D – CHEZ LES SUJETS ÂGÉS :

Chez le sujet âgé, un déficit de la delta6 désaturase peut survenir et pourrait réduire la synthèse des eicosanoïdes, notamment ceux provenant du DHGLA et ceux provenant de l’ALA en l’absence de consommation de poisson.

Mais une modification des voies d’oxydation de l’ALA compenserait ce déficit.

Autrement dit, il n’y a pas d’apport nutritionnel spécifique chez le sujet âgé mais il faut veiller à apporter non seulement des AGE en proportion adéquate, mais aussi du poisson, source d’EPA.

E – SITUATIONS PARTICULIÈRES :

1- Végétariens :

Les études ont montré que la proportion d’AA dans les lipides plasmatiques et tissulaires des végétariens et végétaliens était égale ou supérieure à celle des non-végétariens, mais que la proportion de DHA était plus faible.

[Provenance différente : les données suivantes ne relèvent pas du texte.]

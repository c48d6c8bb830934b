-- ===== src/Channel/Sptp/Round.antt =====
-- One round of synchronisation: the vehicle's request, the reply of the road-side unit, and what
-- the vehicle makes of it.
use communication_in_critica.Prelude.{
  ℕ, ◌+◌, ◌*◌, ◌^◌, ◌<◌, ◌≤◌, ◌≡◌, inl, inr, refl, sym, ap, subst, ◌∙◌, false, if◌then◌else◌, ltb,
  leb, arith, List, [], ◌∷◌, Bool-cases, ℤ, pos, negsuc, ◌+ℤ◌, ◌-ℤ◌, neg, abs, diff, is_zero,
}
use communication_in_critica.Channel.Address.{Address}
use communication_in_critica.Channel.Sptp.{
  Sptp, Effect, sends, presence, jumps, send_sync_request, receive_request, receive_sync,
  apply_measure, raw_offset, raw_delay, sync_kind, request_kind, min_offset_ns, max_offset_ns,
}
use communication_in_critica.Channel.Sptp.Wire.{
  request_bytes, sync_bytes, seq_of-request_bytes, seq_of-sync_bytes, t2_prime_of-sync_bytes,
  length-request_bytes, length-sync_bytes,
}
use communication_in_critica.Channel.Sptp.Measure.{slave_clock, raw_offset-error}

-- The payload of the packet sent, empty if there is none.
abbrev payload_sent : List Effect → List ℕ
payload_sent (sends to kind payload ∷ es) = payload
payload_sent _ = []

-- By how much the calls moved the clock.
abbrev pub jumped : List Effect → ℤ
jumped (jumps delta ∷ es) = delta
jumped _ = pos 0

-- The request leaves at the slave's `tx` and arrives at the master's `t2'`; the reply leaves at `t1`
-- and arrives at the slave's `t1'`.
unfoldable pub round : Sptp → Sptp → Address → ℤ → ℤ → ℕ → ℤ → ℤ → ℕ → Sptp × List Effect
unfolding send_sync_request receive_request receive_sync
round slave master vehicle now tx t2' t1 t1' steady =
    let (waiting, request) = send_sync_request slave now tx in
    let (_, reply) = receive_request master request_kind vehicle (payload_sent request) t2' in
    receive_sync waiting sync_kind t1 (payload_sent reply) t1' steady

request_answered :
    (master : Sptp) (vehicle : Address) (seq t2' : ℕ)
    → seq < 2 ^ 32
    → receive_request master request_kind vehicle (request_bytes seq) t2'
      ≡ (master, sends vehicle sync_kind (sync_bytes seq t2') ∷ presence vehicle ∷ [])
unfolding receive_request
request_answered master vehicle seq t2' small =
    rw (length-request_bytes, seq_of-request_bytes seq small) refl

reply_applied :
    (s : Sptp) (t2' : ℕ) (t1 t1' : ℤ) (steady : ℕ)
    → s.pending_seq < 2 ^ 32
    → t2' < 2 ^ 63
    → is_zero s.pending_t2_ns ≡ false
    → receive_sync s sync_kind t1 (sync_bytes s.pending_seq t2') t1' steady
      ≡ apply_measure s
          (raw_offset t1 t1' s.pending_t2_ns (pos t2'))
          (raw_delay t1 t1' s.pending_t2_ns (pos t2'))
          steady
unfolding receive_sync
reply_applied s t2' t1 t1' steady small stamp sent =
    rw
      (
        length-sync_bytes,
        seq_of-sync_bytes s.pending_seq t2' small,
        t2_prime_of-sync_bytes s.pending_seq t2' stamp,
        sent,
      )
      (ground arith)

-- Over the two codecs the round comes to the measures, on the four stamps of the round.
round-apply_measure :
    (slave master : Sptp) (vehicle : Address) (now tx : ℤ) (t2' : ℕ) (t1 t1' : ℤ) (steady : ℕ)
    → slave.next_seq < 2 ^ 32
    → t2' < 2 ^ 63
    → is_zero tx ≡ false
    → round slave master vehicle now tx t2' t1 t1' steady
      ≡ apply_measure
          (send_sync_request slave now tx).0
          (raw_offset t1 t1' tx (pos t2'))
          (raw_delay t1 t1' tx (pos t2'))
          steady
unfolding round send_sync_request receive_request receive_sync
round-apply_measure slave master vehicle now tx t2' t1 t1' steady small stamp sent =
    let same : (if is_zero tx then now else tx) ≡ tx = rw sent refl in
    ap
      (λ x.
        receive_sync (send_sync_request slave now tx).0 sync_kind t1 (payload_sent x.1) t1' steady)
      (request_answered master vehicle slave.next_seq t2' small)
    ∙ reply_applied (send_sync_request slave now tx).0 t2' t1 t1' steady small stamp
        (ap is_zero same ∙ sent)
    ∙ ap
        (λ x.
          apply_measure (send_sync_request slave now tx).0 (raw_offset t1 t1' x (pos t2'))
            (raw_delay t1 t1' x (pos t2')) steady)
        same

abs-neg : (a b : ℤ) → abs (a +ℤ neg b) ≡ abs (b -ℤ a)
abs-neg (pos n) (pos m) = ground arith
abs-neg (pos n) (negsuc m) = ground arith
abs-neg (negsuc n) (pos m) = ground arith
abs-neg (negsuc n) (negsuc m) = ground arith

abs-triangle : (a b : ℤ) → abs (a +ℤ pos 0) ≤ abs b + abs (b -ℤ a)
abs-triangle (pos n) (pos m) = ground arith
abs-triangle (pos n) (negsuc m) = ground arith
abs-triangle (negsuc n) (pos m) = ground arith
abs-triangle (negsuc n) (negsuc m) = ground arith

triangle : (a b : ℤ) → abs b ≤ abs a + abs (b -ℤ a)
triangle (pos n) (pos m) = ground arith
triangle (pos n) (negsuc m) = ground arith
triangle (negsuc n) (pos m) = ground arith
triangle (negsuc n) (negsuc m) = ground arith

-- What a measure does to a clock that is off by `a`, when the measure is off by at most `k / 2`.
apply_measure-error :
    (s : Sptp) (a offset delay : ℤ) (steady k : ℕ)
    → 2 * abs (offset -ℤ a) ≤ k
    → 2 * abs a + k < 2 * max_offset_ns
    → ((apply_measure s offset delay steady).0.sync_count ≡ s.sync_count + 1)
      × (2 * abs (a +ℤ jumped (apply_measure s offset delay steady).1) ≤ 2 * min_offset_ns + k)
unfolding apply_measure
apply_measure-error s a offset delay steady k near small =
    let below : abs offset < max_offset_ns = omega (arith, triangle a offset) in
    elim (Bool-cases (leb max_offset_ns (abs offset))) [
      | inl e ↦ absurd (ground (arith, e, below))
      | inr e ↦ elim (Bool-cases (ltb min_offset_ns (abs offset))) [
        | inl t ↦
            rw (e, t)
              (
                refl,
                subst (λ x. 2 * x ≤ 2 * min_offset_ns + k) (sym (abs-neg a offset)) (omega arith),
              )
        | inr t ↦
            let fine : abs offset ≤ min_offset_ns = ground (arith, t) in
            rw (e, t) (refl, omega (arith, abs-triangle a offset, fine, near))
      ]
    ]

-- A round in which the request takes `d1` and the reply `d2` is accepted, if the clock is off by less
-- than a second less half the difference, and it leaves the clock off by at most 100 microseconds
-- and half the difference of the two, rounded: `ahead` is how far the vehicle's clock is ahead of
-- the master's before, and the sum with the jump is how far it is after.
pub round-error :
    (slave master : Sptp) (vehicle : Address) (now ahead : ℤ) (s d1 r d2 steady : ℕ)
    → slave.next_seq < 2 ^ 32
    → s + d1 < 2 ^ 63
    → is_zero (slave_clock ahead s) ≡ false
    → 2 * abs ahead + (abs (diff d2 d1) + 1) < 2 * max_offset_ns
    → let (after, effects) =
        round slave master vehicle now
          (slave_clock ahead s)
          (s + d1)
          (pos r)
          (slave_clock ahead (r + d2))
          steady in
      (after.sync_count ≡ slave.sync_count + 1)
      × (2 * abs (ahead +ℤ jumped effects) ≤ 2 * min_offset_ns + (abs (diff d2 d1) + 1))
unfolding send_sync_request
round-error slave master vehicle now ahead s d1 r d2 steady small stamp sent near =
    subst
      (λ x.
        (x.0.sync_count ≡ slave.sync_count + 1)
        × (2 * abs (ahead +ℤ jumped x.1) ≤ 2 * min_offset_ns + (abs (diff d2 d1) + 1)))
      (sym (
        round-apply_measure slave master vehicle now (slave_clock ahead s) (s + d1) (pos r)
          (slave_clock ahead (r + d2)) steady small stamp sent))
      (apply_measure-error _ ahead _ _ steady _ (raw_offset-error ahead s d1 r d2) near)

Ce dernier point est attribué à une consommation excessive de LA qui inhibe la conversion d’ALA en EPA.

On doit donc leur conseiller d’accroître leurs apports en ALA (et en DHA chez les femmes allaitantes).

2- Diabétiques :

Les diabétiques déséquilibrés pourraient bénéficier d’une supplémentation en GLA susceptible de réduire les signes électrophysiologiques et cliniques de la neuropathie diabétique (et peut-être de la rétinopathie diabétique).

3- Coronariens et artéritiques :

Plusieurs études ont montré le rôle d’apports insuffisants en LA dans la pathogénie de l’artérite des membres inférieurs, justifiant des apports suffisants, mais le rôle du tabagisme est intriqué à ce facteur nutritionnel.

Chez le coronarien (après infarctus), la consommation d’ALA est particulièrement importante pour la prévention du risque de thrombose et de troubles du rythme responsables de mort subite, ainsi que l’a montré l’étude de Lyon, en veillant au rapport oméga 6/oméga 3.

4- Syndrome de malabsorption :

En cas de malabsorption, les besoins en AGE lors de la nutrition parentérale sont plus importants que ceux qui sont recommandés chez les sujets ayant une absorption intestinale préservée.